▶ **Stored data**
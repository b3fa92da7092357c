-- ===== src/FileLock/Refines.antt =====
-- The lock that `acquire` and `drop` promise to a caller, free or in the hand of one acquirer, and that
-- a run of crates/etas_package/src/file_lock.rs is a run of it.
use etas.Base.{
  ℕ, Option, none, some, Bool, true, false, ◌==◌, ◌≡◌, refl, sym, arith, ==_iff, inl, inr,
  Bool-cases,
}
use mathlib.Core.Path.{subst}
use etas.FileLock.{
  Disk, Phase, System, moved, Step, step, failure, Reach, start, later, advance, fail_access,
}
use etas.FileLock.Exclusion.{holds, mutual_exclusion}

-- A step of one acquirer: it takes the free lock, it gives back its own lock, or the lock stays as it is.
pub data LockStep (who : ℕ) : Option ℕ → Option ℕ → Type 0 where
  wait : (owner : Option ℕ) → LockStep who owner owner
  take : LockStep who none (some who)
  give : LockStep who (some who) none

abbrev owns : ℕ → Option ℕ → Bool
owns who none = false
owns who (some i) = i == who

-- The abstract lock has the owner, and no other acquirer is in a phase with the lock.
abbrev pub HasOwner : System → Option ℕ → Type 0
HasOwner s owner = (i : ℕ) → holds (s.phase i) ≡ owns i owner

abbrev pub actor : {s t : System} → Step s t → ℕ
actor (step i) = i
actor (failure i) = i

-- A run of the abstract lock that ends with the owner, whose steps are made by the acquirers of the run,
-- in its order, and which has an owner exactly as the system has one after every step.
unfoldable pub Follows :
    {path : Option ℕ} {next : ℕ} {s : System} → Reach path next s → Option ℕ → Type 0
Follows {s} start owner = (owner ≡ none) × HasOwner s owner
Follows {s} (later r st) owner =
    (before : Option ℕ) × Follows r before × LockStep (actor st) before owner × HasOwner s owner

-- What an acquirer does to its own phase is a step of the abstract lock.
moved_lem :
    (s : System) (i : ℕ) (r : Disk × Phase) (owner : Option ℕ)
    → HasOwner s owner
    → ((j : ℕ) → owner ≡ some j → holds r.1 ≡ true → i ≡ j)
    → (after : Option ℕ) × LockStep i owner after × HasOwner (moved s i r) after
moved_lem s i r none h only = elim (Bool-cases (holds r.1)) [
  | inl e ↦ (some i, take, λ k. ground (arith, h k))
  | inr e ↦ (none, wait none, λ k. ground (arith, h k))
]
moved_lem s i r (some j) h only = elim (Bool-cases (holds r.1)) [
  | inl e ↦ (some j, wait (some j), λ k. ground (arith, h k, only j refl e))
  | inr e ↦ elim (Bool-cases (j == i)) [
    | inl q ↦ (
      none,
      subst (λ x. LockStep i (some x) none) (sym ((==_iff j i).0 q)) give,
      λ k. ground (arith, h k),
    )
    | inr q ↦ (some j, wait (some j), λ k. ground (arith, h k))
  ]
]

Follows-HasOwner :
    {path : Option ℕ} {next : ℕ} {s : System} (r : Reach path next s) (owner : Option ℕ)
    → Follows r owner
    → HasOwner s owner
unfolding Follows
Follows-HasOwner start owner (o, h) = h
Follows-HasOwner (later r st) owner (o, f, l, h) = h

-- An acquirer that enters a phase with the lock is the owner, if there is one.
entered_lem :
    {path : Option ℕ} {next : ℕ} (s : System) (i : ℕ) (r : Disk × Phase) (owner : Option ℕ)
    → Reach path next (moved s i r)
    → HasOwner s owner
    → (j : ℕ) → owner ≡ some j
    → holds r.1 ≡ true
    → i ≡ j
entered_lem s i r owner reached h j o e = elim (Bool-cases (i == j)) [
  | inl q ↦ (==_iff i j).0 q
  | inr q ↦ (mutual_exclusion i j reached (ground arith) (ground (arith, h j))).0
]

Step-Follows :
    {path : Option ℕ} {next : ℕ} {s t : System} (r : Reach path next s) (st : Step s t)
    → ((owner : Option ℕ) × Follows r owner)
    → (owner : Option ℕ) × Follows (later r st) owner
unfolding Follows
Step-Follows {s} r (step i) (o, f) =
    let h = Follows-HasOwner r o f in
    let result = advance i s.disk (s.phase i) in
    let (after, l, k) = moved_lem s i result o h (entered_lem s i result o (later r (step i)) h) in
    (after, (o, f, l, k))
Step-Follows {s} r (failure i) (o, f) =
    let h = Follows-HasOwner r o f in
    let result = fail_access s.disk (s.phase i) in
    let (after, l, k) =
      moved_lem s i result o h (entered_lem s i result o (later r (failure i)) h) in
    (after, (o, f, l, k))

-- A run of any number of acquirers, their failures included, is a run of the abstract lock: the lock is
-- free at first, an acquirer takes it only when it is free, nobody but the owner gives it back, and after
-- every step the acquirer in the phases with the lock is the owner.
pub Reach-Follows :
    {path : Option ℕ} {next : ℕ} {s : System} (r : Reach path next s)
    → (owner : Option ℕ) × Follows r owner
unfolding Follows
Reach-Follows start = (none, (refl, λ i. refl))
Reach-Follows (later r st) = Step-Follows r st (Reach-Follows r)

==

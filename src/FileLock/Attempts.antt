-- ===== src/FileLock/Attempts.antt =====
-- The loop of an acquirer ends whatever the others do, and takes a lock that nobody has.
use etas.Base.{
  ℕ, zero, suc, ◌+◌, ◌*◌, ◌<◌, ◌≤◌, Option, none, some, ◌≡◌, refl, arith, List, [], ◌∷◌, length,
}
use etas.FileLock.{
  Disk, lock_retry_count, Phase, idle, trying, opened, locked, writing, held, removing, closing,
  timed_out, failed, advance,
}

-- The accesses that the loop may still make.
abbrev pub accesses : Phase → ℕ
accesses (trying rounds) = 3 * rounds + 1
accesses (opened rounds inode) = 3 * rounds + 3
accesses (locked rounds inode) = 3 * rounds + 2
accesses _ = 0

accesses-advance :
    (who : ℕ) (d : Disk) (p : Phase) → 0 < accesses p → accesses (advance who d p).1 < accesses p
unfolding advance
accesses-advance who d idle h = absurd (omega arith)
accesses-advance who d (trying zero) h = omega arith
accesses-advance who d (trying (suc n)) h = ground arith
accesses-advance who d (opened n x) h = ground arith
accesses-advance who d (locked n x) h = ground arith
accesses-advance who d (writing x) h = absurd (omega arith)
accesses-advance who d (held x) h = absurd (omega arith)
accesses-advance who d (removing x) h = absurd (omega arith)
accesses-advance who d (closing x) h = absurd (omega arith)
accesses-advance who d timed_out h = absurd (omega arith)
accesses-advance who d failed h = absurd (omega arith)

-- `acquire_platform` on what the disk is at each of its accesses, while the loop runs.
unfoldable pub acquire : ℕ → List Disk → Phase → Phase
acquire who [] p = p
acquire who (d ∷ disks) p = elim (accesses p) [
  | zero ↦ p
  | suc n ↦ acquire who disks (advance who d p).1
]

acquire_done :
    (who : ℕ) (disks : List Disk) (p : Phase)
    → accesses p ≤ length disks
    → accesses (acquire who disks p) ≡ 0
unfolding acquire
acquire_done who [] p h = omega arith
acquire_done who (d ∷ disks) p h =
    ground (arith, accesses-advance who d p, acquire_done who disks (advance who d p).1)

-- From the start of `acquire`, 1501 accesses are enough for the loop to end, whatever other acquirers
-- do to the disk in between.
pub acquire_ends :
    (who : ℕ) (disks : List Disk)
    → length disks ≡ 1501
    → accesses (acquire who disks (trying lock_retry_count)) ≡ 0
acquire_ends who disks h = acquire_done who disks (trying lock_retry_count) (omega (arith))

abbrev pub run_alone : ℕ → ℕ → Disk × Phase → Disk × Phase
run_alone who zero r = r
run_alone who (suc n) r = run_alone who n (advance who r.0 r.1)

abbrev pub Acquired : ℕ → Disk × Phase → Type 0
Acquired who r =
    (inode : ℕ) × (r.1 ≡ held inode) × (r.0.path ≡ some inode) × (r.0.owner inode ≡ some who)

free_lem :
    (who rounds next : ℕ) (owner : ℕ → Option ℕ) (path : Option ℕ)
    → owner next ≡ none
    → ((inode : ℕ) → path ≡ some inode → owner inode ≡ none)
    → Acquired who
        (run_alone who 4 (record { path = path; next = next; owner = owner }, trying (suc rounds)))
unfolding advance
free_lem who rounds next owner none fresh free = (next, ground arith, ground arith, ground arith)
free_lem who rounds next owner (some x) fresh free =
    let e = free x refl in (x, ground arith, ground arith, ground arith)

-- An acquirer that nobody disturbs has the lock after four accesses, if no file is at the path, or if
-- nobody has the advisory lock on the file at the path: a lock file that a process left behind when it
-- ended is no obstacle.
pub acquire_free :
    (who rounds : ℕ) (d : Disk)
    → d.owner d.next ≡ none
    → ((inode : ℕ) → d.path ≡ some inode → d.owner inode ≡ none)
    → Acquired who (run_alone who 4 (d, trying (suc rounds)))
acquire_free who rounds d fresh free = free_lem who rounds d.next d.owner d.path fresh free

...

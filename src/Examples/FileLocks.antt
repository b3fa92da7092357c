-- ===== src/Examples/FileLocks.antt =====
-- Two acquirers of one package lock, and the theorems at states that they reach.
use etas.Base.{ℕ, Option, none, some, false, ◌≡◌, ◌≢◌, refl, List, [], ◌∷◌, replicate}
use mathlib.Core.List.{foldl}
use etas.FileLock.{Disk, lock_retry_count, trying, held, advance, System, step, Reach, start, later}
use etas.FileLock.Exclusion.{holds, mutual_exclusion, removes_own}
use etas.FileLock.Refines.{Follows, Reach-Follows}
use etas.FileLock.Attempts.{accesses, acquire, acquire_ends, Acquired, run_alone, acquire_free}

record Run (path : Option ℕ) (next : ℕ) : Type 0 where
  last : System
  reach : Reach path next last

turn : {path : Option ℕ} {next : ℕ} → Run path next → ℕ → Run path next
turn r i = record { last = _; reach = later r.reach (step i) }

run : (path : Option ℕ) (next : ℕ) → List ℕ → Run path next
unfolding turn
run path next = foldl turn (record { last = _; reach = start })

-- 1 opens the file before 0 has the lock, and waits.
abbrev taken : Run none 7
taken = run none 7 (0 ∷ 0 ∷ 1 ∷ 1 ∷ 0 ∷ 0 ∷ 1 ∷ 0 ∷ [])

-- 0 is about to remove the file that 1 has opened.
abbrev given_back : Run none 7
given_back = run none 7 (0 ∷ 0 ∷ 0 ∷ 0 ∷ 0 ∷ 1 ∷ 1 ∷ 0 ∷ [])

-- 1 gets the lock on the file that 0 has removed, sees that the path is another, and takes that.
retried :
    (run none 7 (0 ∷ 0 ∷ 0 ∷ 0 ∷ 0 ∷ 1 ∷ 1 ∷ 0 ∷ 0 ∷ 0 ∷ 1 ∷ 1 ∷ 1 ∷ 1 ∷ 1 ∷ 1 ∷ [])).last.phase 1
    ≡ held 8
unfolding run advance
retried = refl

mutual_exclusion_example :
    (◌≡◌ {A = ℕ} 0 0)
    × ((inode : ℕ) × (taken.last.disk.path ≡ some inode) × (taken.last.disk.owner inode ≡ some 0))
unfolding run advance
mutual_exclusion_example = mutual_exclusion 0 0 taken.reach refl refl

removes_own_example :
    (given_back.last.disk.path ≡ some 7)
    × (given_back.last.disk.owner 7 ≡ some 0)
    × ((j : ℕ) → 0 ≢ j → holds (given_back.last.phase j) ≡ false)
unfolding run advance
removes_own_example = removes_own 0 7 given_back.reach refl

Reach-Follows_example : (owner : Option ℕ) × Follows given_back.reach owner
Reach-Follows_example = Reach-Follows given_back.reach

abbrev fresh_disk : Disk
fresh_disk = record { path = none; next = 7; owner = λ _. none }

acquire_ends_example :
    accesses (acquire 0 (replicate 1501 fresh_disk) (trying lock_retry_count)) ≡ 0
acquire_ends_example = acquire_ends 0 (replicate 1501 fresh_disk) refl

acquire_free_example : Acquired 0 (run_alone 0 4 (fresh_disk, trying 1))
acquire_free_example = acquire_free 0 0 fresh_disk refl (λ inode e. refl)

▶ **YOUR ASSIGNMENT**
All lines above that contain the word "last" are to be copied.

▶ **SOLVED EXERCISE**
  last : System
  reach : Reach path next last
turn r i = record { last = _; reach = later r.reach (step i) }
run path next = foldl turn (record { last = _; reach = start })
    (run none 7 (0 ∷ 0 ∷ 0 ∷ 0 ∷ 0 ∷ 1 ∷ 1 ∷ 0 ∷ 0 ∷ 0 ∷ 1 ∷ 1 ∷ 1 ∷ 1 ∷ 1 ∷ 1 ∷ [])).last.phase 1
    × ((inode : ℕ) × (taken.last.disk.path ≡ some inode) × (taken.last.disk.owner inode ≡ some 0))
    (given_back.last.disk.path ≡ some 7)
    × (given_back.last.disk.owner 7 ≡ some 0)
    × ((j : ℕ) → 0 ≢ j → holds (given_back.last.phase j) ≡ false)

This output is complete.